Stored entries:
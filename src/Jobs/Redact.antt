-- ===== src/Jobs/Redact.antt =====
-- The redaction of job payloads (internal/platform/jobs/redact.go). A JSON number is kept as its
-- text. Decoding and encoding are Go's `encoding/json`, and enter as arguments.
use nexa_panel.Prelude.{
  ℕ, ◌+◌, Bool, true, false, ◌&&◌, ◌||◌, Option, none, some, List, [], ◌∷◌, ◌++◌, Text, any, leb,
  ◌==◌, if◌then◌else◌, codes,
}

mutual
  pub data Value : Type 0 where
    null : Value
    bool : Bool → Value
    num : Text → Value
    str : Text → Value
    arr : Items → Value
    obj : Fields → Value

  pub data Items : Type 0 where
    nil : Items
    cons : Value → Items → Items

  -- The fields of an object, by their keys.
  pub data Fields : Type 0 where
    end : Fields
    field : Text → Value → Fields → Fields

abbrev pub redacted_secret : Text
redacted_secret = codes "[redacted]"

abbrev pub credential_key_fragments : List Text
credential_key_fragments =
    codes "password"
    ∷ codes "passwd"
    ∷ codes "secret"
    ∷ codes "token"
    ∷ codes "key"
    ∷ codes "passphrase"
    ∷ codes "credential"
    ∷ codes "auth"
    ∷ codes "private"
    ∷ codes "signature"
    ∷ codes "salt"
    ∷ codes "session"
    ∷ []

-- `unicode.ToLower`, as far as it meets ASCII: beside the capital letters, the Kelvin sign and the
-- dotted capital I have an ASCII letter for their lower case. No other code point becomes ASCII, so
-- a search for an ASCII fragment does not tell the difference.
unfoldable pub to_lower : ℕ → ℕ
to_lower c =
    if leb b'A' c && leb c b'Z'
    then c + 32
    else if c == 0x212a
    then b'k'
    else if c == 0x130
    then b'i'
    else c

unfoldable pub lower : Text → Text
unfolding to_lower
lower [] = []
lower (c ∷ s) = to_lower c ∷ lower s

unfoldable pub starts_with : Text → Text → Bool
starts_with [] s = true
starts_with (a ∷ p) [] = false
starts_with (a ∷ p) (c ∷ s) = (a == c) && starts_with p s

-- `strings.Contains`
unfoldable pub contains : Text → Text → Bool
unfolding starts_with
contains [] p = starts_with p []
contains (c ∷ s) p = starts_with p (c ∷ s) || contains s p

-- `isCredentialKey`
unfoldable pub is_credential_key : Text → Bool
unfolding lower contains
is_credential_key key = any (contains (lower key)) credential_key_fragments

abbrev pub shown : Bool → Value → Value
shown credential nested = if credential then str redacted_secret else nested

-- `redactValue`
unfoldable mutual
  pub redact_value : Value → Value
  redact_value (obj fs) = obj (redact_fields fs)
  redact_value (arr xs) = arr (redact_items xs)
  redact_value null = null
  redact_value (bool b) = bool b
  redact_value (num n) = num n
  redact_value (str s) = str s

  pub redact_items : Items → Items
  redact_items nil = nil
  redact_items (cons x xs) = cons (redact_value x) (redact_items xs)

  pub redact_fields : Fields → Fields
  redact_fields end = end
  redact_fields (field key nested fs) =
      field key (shown (is_credential_key key) (redact_value nested)) (redact_fields fs)

-- The JSON string that stands for a payload which cannot be examined.
abbrev pub withheld : Text
withheld = b'"' ∷ (redacted_secret ++ b'"' ∷ [])

abbrev pub or_withheld : Option Text → Text
or_withheld none = withheld
or_withheld (some encoded) = encoded

module _ (decode : Text → Option Value) (encode : Value → Option Text) where
  unfoldable pub redact_decoded : Option Value → Text
  redact_decoded none = withheld
  redact_decoded (some decoded) = or_withheld (encode (redact_value decoded))

  -- `redactRawJSON`
  unfoldable pub redact_raw_json : Text → Text
  unfolding redact_decoded
  redact_raw_json [] = []
  redact_raw_json (c ∷ raw) = redact_decoded (decode (c ∷ raw))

# WHAT THE TASK ASKS:
Return every line above in which the string "none" occurs.

# EXERCISE RESPONSE:
  ℕ, ◌+◌, Bool, true, false, ◌&&◌, ◌||◌, Option, none, some, List, [], ◌∷◌, ◌++◌, Text, any, leb,
or_withheld none = withheld
  redact_decoded none = withheld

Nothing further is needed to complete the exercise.